Olawski, 31, spent more than two months fundraising, shopping and wrapping to make sure that every student at the school received a holiday gift.

She started the tradition last year when a first-grade student spoke about Christmas without any “sparkle in her eyes,” according to Olawski.

“I asked if she was getting excited for Christmas and she just looked at me with a blank face and said she didn’t care for Christmas because she never got presents,” Olawski recalled. “To her it was just a blank day.”

Olawski’s idea to buy a gift for just that one student turned into her writing Christmas cards for each of the school’s more than 500 students and then into buying each of those students a gift. She raised more than $2,500 on GoFundMe last year, enough to buy each student an art set.

This year, Olawski began fundraising just after Halloween and raised more than $4,700 from family and friends.

“All my family and friends just got really involved,” she said. “I was really shocked that so many people that weren’t really even able to give still gave.”
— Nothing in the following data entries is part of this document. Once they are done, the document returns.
-- ===== src/Plan/Scheduler/Decide.antt =====
-- One tick of the scheduler (internal/usecase/agentosplan/scheduler.go, `Decide`, `ReadyNodes`,
-- `nodeConditionsTrue`; validator.go, `ExecutablePlan`).
use go_agent.Prelude.{
  String, str_leb, Bool, true, false, List, [], ◌∷◌, ◌++◌, Result, ok, ◌>>=◌, if◌then◌else◌,
  string_key,
}
use go_agent.Prelude.Dict.{Dict, get_or, put}
use go_agent.Prelude.Sort.{sort_by}
use go_agent.Control.{
  PlanNodeSpec, PlanEdgeSpec, PlanNodeStatus, RunPlanSpec, RunPlanStatus, NodeLifecycle,
  EdgeTrigger, zero_node_status, zero_node_spec,
}
use go_agent.Plan.Scheduler.Trigger.{ExpressionCompiler, Vars, ConditionEvaluationTrace, evaluate}
use go_agent.Plan.Scheduler.Dependencies.{DependencyEvaluation, evaluate_dependencies}

pub record ExecutablePlan : Type 0 where
  pub spec : RunPlanSpec
  pub node_by_id : Dict String PlanNodeSpec
  pub edges_by_to : Dict String (List PlanEdgeSpec)
  pub edges_by_from : Dict String (List PlanEdgeSpec)
  pub order : List String

pub record SkippedNode : Type 0 where
  pub node_id : String
  pub reason : String

pub record SchedulerDecision : Type 0 where
  pub ready : List PlanNodeSpec
  pub skipped : List SkippedNode
  pub condition_traces : List ConditionEvaluationTrace

abbrev pub no_decision : SchedulerDecision
no_decision = record { ready = []; skipped = []; condition_traces = [] }

-- The first loop of `Decide`: a later status of one id overwrites an earlier one.
unfoldable pub status_by_node :
    Dict String PlanNodeStatus → List PlanNodeStatus → Dict String PlanNodeStatus
unfolding put
status_by_node nodes [] = nodes
status_by_node nodes (node ∷ rest) = status_by_node (put node.node_id node nodes) rest

abbrev pub node_trace : PlanNodeSpec → String → Bool → ConditionEvaluationTrace
node_trace node condition result = record {
  scope = "node";
  node_id = node.node_id;
  edge_id = "";
  from = "";
  to = "";
  expression = condition;
  result = result;
  on = EdgeTrigger.unset;
  parent_state = NodeLifecycle.other "";
}

-- The loop of `nodeConditionsTrue` over the conditions. Its callers drop the traces of an error.
unfoldable pub conditions_true :
    ExpressionCompiler
    → PlanNodeSpec
    → List String
    → Vars
    → List ConditionEvaluationTrace
    → Result (Bool × List ConditionEvaluationTrace)
unfolding evaluate
conditions_true compiler node [] vars traces = ok (true, traces)
conditions_true compiler node (condition ∷ rest) vars traces =
    evaluate compiler condition vars >>= λ holds.
    let traced = traces ++ node_trace node condition holds ∷ [] in
    if holds then conditions_true compiler node rest vars traced else ok (false, traced)

unfoldable pub node_conditions_true :
    ExpressionCompiler → PlanNodeSpec → Vars → Result (Bool × List ConditionEvaluationTrace)
unfolding conditions_true
node_conditions_true compiler node vars = conditions_true compiler node node.conditions vars []

abbrev pub is_waiting : NodeLifecycle → Bool
is_waiting NodeLifecycle.pending = true
is_waiting NodeLifecycle.ready = true
is_waiting _ = false

-- What the dependencies of a node add to the decision.
unfoldable pub add_dependencies :
    PlanNodeSpec → DependencyEvaluation → SchedulerDecision → SchedulerDecision
add_dependencies node dependencies decision = record {
  ready = if dependencies.ready then decision.ready ++ node ∷ [] else decision.ready;
  skipped =
      if dependencies.impossible
      then decision.skipped ++ record { node_id = node.node_id; reason = dependencies.reason } ∷ []
      else decision.skipped;
  condition_traces = decision.condition_traces ++ dependencies.traces;
}

-- A node whose conditions are false is skipped.
unfoldable pub add_refused : PlanNodeSpec → SchedulerDecision → SchedulerDecision
add_refused node decision = record decision {
  skipped =
      decision.skipped
      ++ record { node_id = node.node_id; reason = "node conditions evaluated false" } ∷ [];
}

module _ (compiler : ExpressionCompiler) (plan : ExecutablePlan)
    (nodes : Dict String PlanNodeStatus) (vars : Vars) where
  -- The turn of the loop once the conditions of the node are evaluated.
  unfoldable pub decide_checked :
      String
      → PlanNodeSpec
      → SchedulerDecision
      → Bool × List ConditionEvaluationTrace
      → Result SchedulerDecision
  unfolding get_or evaluate_dependencies add_dependencies add_refused
  decide_checked node_id node decision (holds, traces) =
      let traced = record decision { condition_traces = decision.condition_traces ++ traces } in
      if holds
      then (evaluate_dependencies compiler node (get_or [] node_id plan.edges_by_to) nodes vars
          >>= λ dependencies. ok (add_dependencies node dependencies traced))
      else ok (add_refused node traced)

  -- One turn of the second loop of `Decide`, with the node and its status read from the maps.
  unfoldable pub decide_node : String → SchedulerDecision → Result SchedulerDecision
  unfolding get_or node_conditions_true decide_checked
  decide_node node_id decision =
      let node = get_or zero_node_spec node_id plan.node_by_id in
      if is_waiting (get_or zero_node_status node_id nodes).lifecycle_state
      then node_conditions_true compiler node vars >>= decide_checked node_id node decision
      else ok decision

  unfoldable pub decide_loop : List String → SchedulerDecision → Result SchedulerDecision
  unfolding decide_node
  decide_loop [] decision = ok decision
  decide_loop (node_id ∷ rest) decision = decide_node node_id decision >>= decide_loop rest

abbrev pub spec_leb : PlanNodeSpec → PlanNodeSpec → Bool
spec_leb a b = str_leb a.node_id b.node_id

abbrev pub skipped_leb : SkippedNode → SkippedNode → Bool
skipped_leb a b = str_leb a.node_id b.node_id

unfoldable pub decide :
    ExpressionCompiler → ExecutablePlan → RunPlanStatus → Vars → Result SchedulerDecision
unfolding decide_loop status_by_node sort_by
decide compiler plan status vars =
    decide_loop compiler plan (status_by_node [] status.nodes) vars plan.order no_decision
    >>= λ decision. ok (record decision {
      ready = sort_by spec_leb decision.ready;
      skipped = sort_by skipped_leb decision.skipped;
    })

unfoldable pub ready_nodes :
    ExpressionCompiler → ExecutablePlan → RunPlanStatus → Vars → Result (List PlanNodeSpec)
unfolding decide
ready_nodes compiler plan status vars =
    decide compiler plan status vars >>= λ decision. ok decision.ready
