-- ===== src/Plan/Policy/Guards.antt =====
-- The guards of a plan's policy (internal/usecase/agentosplan/policy.go; validator.go,
-- `normalizePolicy`). The reasons that print a number are left out.
use go_agent.Prelude.{
  ℕ, ◌*◌, ◌^◌, ℤ, pos, pos_part, ◌+ℤ◌, wrap, ltb_ℤ, leb_ℤ, ◌==◌, String, Bool, true, false, ◌&&◌,
  ◌||◌, not, if◌then◌else◌,
}
use go_agent.Control.{Time, PlanPolicy, PlanBudgetUsage}

pub record ContinuationSnapshot : Type 0 where
  pub applied_transitions : ℤ
  pub history_events : ℤ

pub record IterationSnapshot : Type 0 where
  pub iterations : ℤ

pub record ContinuationDecision : Type 0 where
  pub should_continue : Bool
  pub reason : String

pub record IterationDecision : Type 0 where
  pub should_fail : Bool
  pub reason : String

unfoldable pub evaluate_continuation_policy :
    PlanPolicy → ContinuationSnapshot → ContinuationDecision
evaluate_continuation_policy policy snapshot =
    if ltb_ℤ (pos 0) policy.continue_as_new_events
      && leb_ℤ policy.continue_as_new_events snapshot.applied_transitions
    then record { should_continue = true; reason = "continue_as_new_events" }
    else if ltb_ℤ (pos 0) policy.max_history_events
        && leb_ℤ policy.max_history_events snapshot.history_events
    then record { should_continue = true; reason = "max_history_events" }
    else record { should_continue = false; reason = "" }

unfoldable pub evaluate_iteration_policy : PlanPolicy → IterationSnapshot → IterationDecision
evaluate_iteration_policy policy snapshot =
    if ltb_ℤ (pos 0) policy.max_iterations && ltb_ℤ policy.max_iterations snapshot.iterations
    then record { should_fail = true; reason = "max_iterations" }
    else record { should_fail = false; reason = "" }

unfoldable pub budget_exceeded : PlanPolicy → PlanBudgetUsage → Bool
budget_exceeded policy usage =
    ltb_ℤ (pos 0) policy.budget_cents && ltb_ℤ policy.budget_cents usage.spent_cents

abbrev pub second : ℕ
second = 10 ^ 9

-- `time.Duration(seconds) * time.Second` for a positive count: int64 nanoseconds, which wrap.
unfoldable pub seconds : ℤ → ℤ
unfolding wrap
seconds count = wrap (2 ^ 63) (pos (pos_part count * second))

-- `!now.Before(from.Add(timeout))`, where a time is its distance from the zero time.
unfoldable pub has_elapsed : ℤ → Time → Time → Bool
unfolding seconds ◌+ℤ◌
has_elapsed timeout from now = not (ltb_ℤ (pos now) (pos from +ℤ seconds timeout))

unfoldable pub plan_timed_out : PlanPolicy → Time → Time → Bool
unfolding has_elapsed
plan_timed_out policy started_at now =
    if leb_ℤ policy.timeout_seconds (pos 0) || started_at == 0
    then false
    else has_elapsed policy.timeout_seconds started_at now

unfoldable pub plan_blocked_timed_out : PlanPolicy → Time → Time → Bool
unfolding has_elapsed
plan_blocked_timed_out policy blocked_at now =
    if leb_ℤ policy.approval_timeout_seconds (pos 0) || blocked_at == 0
    then false
    else has_elapsed policy.approval_timeout_seconds blocked_at now

abbrev pub default_max_nodes : ℤ
default_max_nodes = pos 256

abbrev pub default_max_depth : ℤ
default_max_depth = pos 32

abbrev pub default_max_expansions : ℤ
default_max_expansions = pos 64

unfoldable pub normalize_policy : PlanPolicy → PlanPolicy
normalize_policy policy = record policy {
  max_nodes = if leb_ℤ policy.max_nodes (pos 0) then default_max_nodes else policy.max_nodes;
  max_depth = if leb_ℤ policy.max_depth (pos 0) then default_max_depth else policy.max_depth;
  max_expansions =
      if leb_ℤ policy.max_expansions (pos 0) then default_max_expansions else policy.max_expansions;
}
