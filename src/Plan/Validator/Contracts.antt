-- ===== src/Plan/Validator/Contracts.antt =====
-- Input mappings, artifact contracts and capabilities, as the validator reads them
-- (internal/usecase/agentosplan/mapping_contract.go; artifact_contract.go, `ValidateArtifactSpecs`,
-- `ValidateArtifactSchemaRefs`, `artifactSchema`; agentos/control/plan.go, `Capability`).
use go_agent.Prelude.{
  ℤ, String, is_empty, ◌||◌, not, List, [], ◌∷◌, Option, none, some, Error, Result, ok, err, errorf,
  check_all, err_invalid_run_plan, err_invalid_artifact, if◌then◌else◌, string_key,
}
use go_agent.Prelude.Dict.{Dict, put, has}
use go_agent.Control.{Value, BackendRef, InputMapping, ArtifactSpec}
use go_agent.Plan.Scheduler.Trigger.{ExpressionCompiler}

-- A JSON text, which only the schema library reads; its emptiness is read as its length.
abbrev pub RawMessage : Type 0
RawMessage = String

pub record CapabilityLimits : Type 0 where
  pub max_batch_items : ℤ
  pub batch_input_key : String

-- The fields that the validator reads.
pub record Capability : Type 0 where
  pub input_schema : RawMessage
  pub limits : CapabilityLimits

-- `resolve_raw_schema` is the JSON schema library behind the function of that name: it parses and
-- resolves a schema, whose test of a value may fail. The catalogs are interfaces, `none` for nil;
-- a missing entry is `none`.
pub record Validator : Type 0 where
  pub expressions : ExpressionCompiler
  pub capabilities : Option (BackendRef → String → Result (Option Capability))
  pub artifact_schemas : Option (String → Result (Option RawMessage))
  pub resolve_raw_schema : RawMessage → Result (Dict String Value → Option Error)

pub data InputMappingSourceMode : Type 0 where
  expression artifact plan_input : InputMappingSourceMode

-- `scope` is the text that names the owner of the mapping in an error, without the owner's id.
unfoldable pub validate_input_mapping_shape : String → InputMapping → Result InputMappingSourceMode
validate_input_mapping_shape scope mapping =
    let has_expression = not (is_empty mapping.expression) in
    let has_artifact = not (is_empty mapping.source_artifact) in
    let has_source_node = not (is_empty mapping.source_node_id) in
    let has_source_path = not (is_empty mapping.source_path) in
    if is_empty mapping.target
    then err (errorf err_invalid_run_plan "%s input mapping target is required" (scope ∷ []))
    else if has_expression
    then if has_artifact || (has_source_node || has_source_path)
      then err (
          errorf err_invalid_run_plan "%s input mapping %q mixes expression with source fields"
            (scope ∷ mapping.target ∷ []))
      else ok InputMappingSourceMode.expression
    else if has_artifact
    then if has_source_node
      then ok InputMappingSourceMode.artifact
      else err (
          errorf err_invalid_artifact
            "%s input mapping %q source_node_id is required for source_artifact %q"
            (scope ∷ mapping.target ∷ mapping.source_artifact ∷ []))
    else if has_source_node
    then err (
        errorf err_invalid_run_plan "%s input mapping %q source_node_id requires source_artifact"
          (scope ∷ mapping.target ∷ []))
    else if has_source_path
    then ok InputMappingSourceMode.plan_input
    else err (
        errorf err_invalid_run_plan "%s input mapping %q source is required"
          (scope ∷ mapping.target ∷ []))

abbrev pub artifact_contract_error : String → String → List String → Error
artifact_contract_error node_id format args =
    if is_empty node_id
    then errorf err_invalid_artifact format args
    else errorf err_invalid_artifact format (node_id ∷ args)

unfoldable pub validate_artifact_specs :
    String → Dict {0, 0} String Unit → List ArtifactSpec → Option Error
unfolding put has
validate_artifact_specs node_id seen [] = none
validate_artifact_specs node_id seen (spec ∷ specs) =
    let rest = validate_artifact_specs node_id (put spec.name tt seen) specs in
    if is_empty spec.name
    then some (artifact_contract_error node_id "artifact name is required" [])
    else if is_empty spec.kind
    then some (artifact_contract_error node_id "artifact %q kind is required" (spec.name ∷ []))
    else if has spec.name seen
    then some (artifact_contract_error node_id "duplicate artifact %q" (spec.name ∷ []))
    else rest

module _ (validator : Validator) where
  unfoldable pub artifact_schema : String → ArtifactSpec → Result RawMessage
  artifact_schema node_id spec = elim validator.artifact_schemas [
    | none ↦ err (
        artifact_contract_error node_id
          "artifact %q schema_ref %q requires an artifact schema catalog"
          (spec.name ∷ spec.schema_ref ∷ []))
    | some get_artifact_schema ↦ elim (get_artifact_schema spec.schema_ref) [
      | err e ↦ err e
      | ok none ↦ err (
          artifact_contract_error node_id "artifact %q schema_ref %q was not found"
            (spec.name ∷ spec.schema_ref ∷ []))
      | ok (some raw) ↦ ok raw
    ]
  ]

  unfoldable pub validate_raw_schema_syntax : RawMessage → Option Error
  validate_raw_schema_syntax raw = elim (validator.resolve_raw_schema raw) [
    | err e ↦ some e
    | ok resolved ↦ none
  ]

  unfoldable pub validate_raw_schema : RawMessage → Dict String Value → Option Error
  validate_raw_schema raw value = elim (validator.resolve_raw_schema raw) [
    | err e ↦ some e
    | ok resolved ↦ resolved value
  ]

  -- The text of the library's error, which the message prints, is left out.
  unfoldable pub validate_artifact_schema_ref : String → ArtifactSpec → Option Error
  unfolding artifact_schema validate_raw_schema_syntax
  validate_artifact_schema_ref node_id spec =
      if is_empty spec.schema_ref then none else elim (artifact_schema node_id spec) [
        | err e ↦ some e
        | ok raw ↦ elim (validate_raw_schema_syntax raw) [
          | none ↦ none
          | some e ↦ some (
              artifact_contract_error node_id "artifact %q schema_ref %q is invalid"
                (spec.name ∷ spec.schema_ref ∷ []))
        ]
      ]

  unfoldable pub validate_artifact_schema_refs : String → List ArtifactSpec → Option Error
  unfolding validate_artifact_schema_ref
  validate_artifact_schema_refs node_id specs =
      check_all (validate_artifact_schema_ref node_id) specs

  unfoldable pub compile_expression : String → Option Error
  compile_expression source = if is_empty source then none else elim validator.expressions [
    | none ↦ none
    | some compile ↦ elim (compile source) [ err e ↦ some e | ok run ↦ none ]
  ]
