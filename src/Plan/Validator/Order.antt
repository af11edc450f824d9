-- ===== src/Plan/Validator/Order.antt =====
-- The order of the nodes (internal/usecase/agentosplan/validator.go, `topoSort`, `maxDepth`).
use go_agent.Prelude.{
  ℕ, zero, suc, ◌+◌, ◌-◌, ltb, ◌==◌, String, str_leb, List, [], ◌∷◌, ◌++◌, Result, ok, err, errorf,
  err_invalid_run_plan, if◌then◌else◌, string_key, length,
}
use go_agent.Prelude.Dict.{Dict, keys, get_or, put}
use go_agent.Prelude.Sort.{sort_by}
use go_agent.Control.{PlanNodeSpec, PlanEdgeSpec}

-- `incoming[id] = 0` for each node. Counts are natural numbers: `release` takes one off for each
-- edge that was counted.
unfoldable pub zero_counts : Dict String ℕ → List String → Dict String ℕ
unfolding put
zero_counts incoming [] = incoming
zero_counts incoming (id ∷ ids) = zero_counts (put id 0 incoming) ids

-- The loop over the edges, once for each of the two maps that it fills.
unfoldable pub count_incoming : Dict String ℕ → List PlanEdgeSpec → Dict String ℕ
unfolding put get_or
count_incoming incoming [] = incoming
count_incoming incoming (edge ∷ edges) =
    count_incoming (put edge.to (get_or 0 edge.to incoming + 1) incoming) edges

unfoldable pub list_children :
    Dict String (List String) → List PlanEdgeSpec → Dict String (List String)
unfolding put get_or
list_children children [] = children
list_children children (edge ∷ edges) =
    list_children (put edge.from (get_or [] edge.from children ++ edge.to ∷ []) children) edges

unfoldable pub sort_children : Dict String (List String) → Dict String (List String)
unfolding sort_by
sort_children [] = []
sort_children ((id, children) ∷ rest) = (id, sort_by str_leb children) ∷ sort_children rest

-- The ids without incoming edges.
unfoldable pub roots : Dict String ℕ → List String
roots [] = []
roots ((id, count) ∷ rest) = if count == 0 then id ∷ roots rest else roots rest

-- The loop over the children of the current node.
unfoldable pub release : List String → Dict String ℕ → List String → Dict String ℕ × List String
unfolding put get_or sort_by
release [] incoming queue = (incoming, queue)
release (child ∷ rest) incoming queue =
    let count = get_or 0 child incoming - 1 in
    release rest (put child count incoming)
      (if count == 0 then sort_by str_leb (queue ++ child ∷ []) else queue)

-- The loop over the queue. Each turn takes one id off the queue.
unfoldable pub drain :
    ℕ → Dict String (List String) → Dict String ℕ → List String → List String → List String
unfolding release get_or
drain zero children incoming queue order = order
drain (suc fuel) children incoming [] order = order
drain (suc fuel) children incoming (current ∷ queue) order =
    let (released, grown) = release (get_or [] current children) incoming queue in
    drain fuel children released grown (order ++ current ∷ [])

unfoldable pub topo_order : Dict String PlanNodeSpec → List PlanEdgeSpec → List String
unfolding drain zero_counts count_incoming list_children sort_children roots sort_by
topo_order node_by_id edges =
    let incoming = count_incoming (zero_counts [] (keys node_by_id)) edges in
    drain (length node_by_id) (sort_children (list_children [] edges)) incoming
      (sort_by str_leb (roots incoming)) []

unfoldable pub topo_sort : Dict String PlanNodeSpec → List PlanEdgeSpec → Result (List String)
unfolding topo_order
topo_sort node_by_id edges =
    let order = topo_order node_by_id edges in
    if length order == length node_by_id
    then ok order
    else err (errorf err_invalid_run_plan "plan contains a cycle" [])

-- The inner loop of `maxDepth`: `depth[edge.To]` is raised to the depth behind the current node.
unfoldable pub deepen : ℕ → Dict String ℕ → List PlanEdgeSpec → Dict String ℕ
unfolding put get_or
deepen current depth [] = depth
deepen current depth (edge ∷ edges) =
    deepen current
      (if ltb (get_or 0 edge.to depth) (current + 1)
        then put edge.to (current + 1) depth
        else depth)
      edges

unfoldable pub depth_loop : Dict String (List PlanEdgeSpec) → Dict String ℕ → ℕ → List String → ℕ
unfolding deepen get_or
depth_loop edges_by_from depth max_value [] = max_value
depth_loop edges_by_from depth max_value (node_id ∷ rest) =
    let current = get_or 0 node_id depth in
    depth_loop edges_by_from (deepen current depth (get_or [] node_id edges_by_from))
      (if ltb max_value current then current else max_value) rest

unfoldable pub max_depth : List String → Dict String (List PlanEdgeSpec) → ℕ
unfolding depth_loop
max_depth order edges_by_from = depth_loop edges_by_from [] 0 order + 1
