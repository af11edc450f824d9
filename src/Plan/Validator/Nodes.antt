-- ===== src/Plan/Validator/Nodes.antt =====
-- The nodes of a plan (internal/usecase/agentosplan/validator.go, `validateNodes`, `validateNode`,
-- `validateNodeIdentity`, `validateNodeExpressions`, `validateNodeCapability`,
-- `validateNodeBatchLimits`, `batchSize`).
use go_agent.Prelude.{
  ℕ, suc, pos, ltb_ℤ, ◌==ℤ◌, String, is_empty, ◌||◌, List, [], ◌∷◌, Option, none, some, Error,
  Result, ok, err, errorf, wrapf, first_error, check, check_all, err_invalid_run_plan,
  err_invalid_run_spec, err_invalid_backend_ref, err_capability_not_found, if◌then◌else◌,
  string_key,
}
use go_agent.Prelude.Dict.{Dict, get, put, has}
use go_agent.Control.{Value, array, Items, nil, item, PlanNodeSpec, PlanJoinStrategy, InputMapping}
use go_agent.Plan.Validator.Contracts.{
  Validator, Capability, InputMappingSourceMode, validate_input_mapping_shape,
  validate_artifact_specs, validate_artifact_schema_refs, validate_raw_schema, compile_expression,
}

unfoldable pub validate_node_join : PlanNodeSpec → Option Error
validate_node_join node = elim node.policy.join [
  | PlanJoinStrategy.other name ↦ some (
      errorf err_invalid_run_plan "node %q has invalid join strategy %q" (node.node_id ∷ name ∷ []))
  | _ ↦ none
]

unfoldable pub validate_node_identity : PlanNodeSpec → Option Error
unfolding validate_node_join
validate_node_identity node =
    if is_empty node.node_id
    then some (errorf err_invalid_run_plan "node id is required" [])
    else if is_empty node.run.run_id
    then some (errorf err_invalid_run_spec "node %q run id is required" (node.node_id ∷ []))
    else if is_empty node.run.backend.kind || is_empty node.run.backend.name
    then some (errorf err_invalid_backend_ref "node %q backend is required" (node.node_id ∷ []))
    else validate_node_join node

abbrev default_batch_input_key : String
default_batch_input_key = "items"

abbrev items_length : Items → ℕ
items_length nil = 0
items_length (item value items) = suc (items_length items)

-- `reflect` finds an array in a decoded JSON value just where the value is one.
unfoldable pub batch_size : Value → Option ℕ
batch_size (array items) = some (items_length items)
batch_size value = none

unfoldable pub validate_node_batch_limits : PlanNodeSpec → Capability → Option Error
unfolding get batch_size
validate_node_batch_limits node capability =
    let limit = capability.limits.max_batch_items in
    let given = capability.limits.batch_input_key in
    let key = if is_empty given then default_batch_input_key else given in
    if limit ==ℤ pos 0 then none else elim (get key node.run.input) [
      | none ↦ some (
          errorf err_invalid_run_plan "node %q batch input %q is required"
            (node.node_id ∷ key ∷ []))
      | some value ↦ elim (batch_size value) [
        | none ↦ some (
            errorf err_invalid_run_plan "node %q batch input %q must be an array"
              (node.node_id ∷ key ∷ []))
        | some size ↦
            if ltb_ℤ limit (pos size)
            then some (
                errorf err_invalid_run_plan "node %q batch input %q exceeds max"
                  (node.node_id ∷ key ∷ []))
            else none
      ]
    ]

module _ (validator : Validator) where
  unfoldable pub validate_node_condition : PlanNodeSpec → String → Option Error
  unfolding compile_expression
  validate_node_condition node condition = elim (compile_expression validator condition) [
    | none ↦ none
    | some e ↦ some (wrapf "node %q" e)
  ]

  unfoldable pub validate_node_input : PlanNodeSpec → InputMapping → Option Error
  unfolding compile_expression validate_input_mapping_shape
  validate_node_input node mapping = elim (validate_input_mapping_shape "node %q" mapping) [
    | err e ↦ some e
    | ok InputMappingSourceMode.expression ↦
        elim (compile_expression validator mapping.expression) [
          | none ↦ none
          | some e ↦ some (wrapf "node %q input %q" e)
        ]
    | ok mode ↦ none
  ]

  unfoldable pub validate_node_expressions : PlanNodeSpec → Option Error
  unfolding validate_node_condition validate_node_input
  validate_node_expressions node =
      first_error (check_all (validate_node_condition node) node.conditions)
        (check_all (validate_node_input node) node.inputs)

  -- The test of the input of a node whose capability was found.
  unfoldable pub validate_found_capability : PlanNodeSpec → Capability → Option Error
  unfolding validate_raw_schema validate_node_batch_limits
  validate_found_capability node capability =
      if is_empty capability.input_schema
      then validate_node_batch_limits node capability
      else elim (validate_raw_schema validator capability.input_schema node.run.input) [
        | some e ↦ some (errorf err_invalid_run_plan "node %q input schema" (node.node_id ∷ []))
        | none ↦ validate_node_batch_limits node capability
      ]

  unfoldable pub validate_node_capability : PlanNodeSpec → Option Error
  unfolding validate_found_capability
  validate_node_capability node =
      if is_empty node.capability then none else elim validator.capabilities [
        | none ↦ some (
            errorf err_capability_not_found "node %q capability catalog is required"
              (node.node_id ∷ []))
        | some get_capability ↦ elim (get_capability node.run.backend node.capability) [
          | err e ↦ some e
          | ok none ↦ some (
              errorf err_capability_not_found "node %q capability %s/%s/%s" (
                node.node_id ∷ node.run.backend.kind ∷ node.run.backend.name ∷ node.capability
                ∷ []))
          | ok (some capability) ↦ validate_found_capability node capability
        ]
      ]

  unfoldable pub validate_node : PlanNodeSpec → Option Error
  unfolding validate_node_identity validate_node_expressions validate_artifact_specs
      validate_artifact_schema_refs validate_node_capability
  validate_node node = first_error (validate_node_identity node) (
      first_error (validate_node_expressions node) (
        first_error (validate_artifact_specs node.node_id [] node.outputs) (
          first_error (validate_artifact_schema_refs validator node.node_id node.outputs)
            (validate_node_capability node))))

  -- The loop of `validateNodes`.
  unfoldable pub validate_nodes :
      Dict String PlanNodeSpec → List PlanNodeSpec → Result (Dict String PlanNodeSpec)
  unfolding put has validate_node
  validate_nodes node_by_id [] = ok node_by_id
  validate_nodes node_by_id (node ∷ nodes) =
      let rest = validate_nodes (put node.node_id node node_by_id) nodes in
      check (validate_node node) (
        if has node.node_id node_by_id
        then err (errorf err_invalid_run_plan "duplicate node %q" (node.node_id ∷ []))
        else rest)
Olawski decided to purchase a slime kit for each student in first through fourth grades after hearing so many of her students talk about the must-have item. With the money left over, she also purchased every kid a coloring book and a hat-and-gloves set for winter.

She purchased an art set and coloring book for each of the school’s 100 kindergarten students.

Olawski relied on the help of family and friends to purchase the gifts at stores across town.

“My sister and I went to the store and took 400 slime kits off the shelves and packed it all in our cars,” Olawski recalled. “I do the aftercare program at the school, too, so I’d work from 8 to 6 and then go to stores.”

She had to carry all the gifts to her walk-up apartment, where she stored them in her living room and held wrapping parties to get each gift wrapped.

When the students opened the gifts on Monday, there was screaming and tears of joy, according to Olawski.

“It’s a memory that these kids are going to have forever,” she said. “As an educator, yes I teach them health and wellness. But, to me, I feel like the most important thing to teach them is acts of kindness and giving — and to show them that they’re cared for and loved.”

Around 87 percent of students at Community Charter School are eligible for free or reduced lunch, according to the school’s dean of students, Iver Peterson.

“I’m grateful,” Peterson said of Olawski’s efforts. “Just the looks on their faces, the joy, the excitement, the anticipation, it just speaks again to the person that Jen Olawski is.”

He added, “Not everyone is able to bring that energy that she brings every day and to top it off with the kindness that she has within her and present this type of gift-giving to our entire student body — I’m speechless.”

Olawski said seeing the students’ reactions as they opened their Christmas presents made the time-consuming effort “totally worth it.”

She said she feels like she has “no choice” but to continue the tradition next year.

“When I’m carrying hundreds of boxes upstairs to my apartment, I’m like, ‘I don’t know,'” she said. “But seeing their faces and the emotion that came out of them, it was so overwhelming that of course I’m going to do it.”

“I feel like it made such an impact.”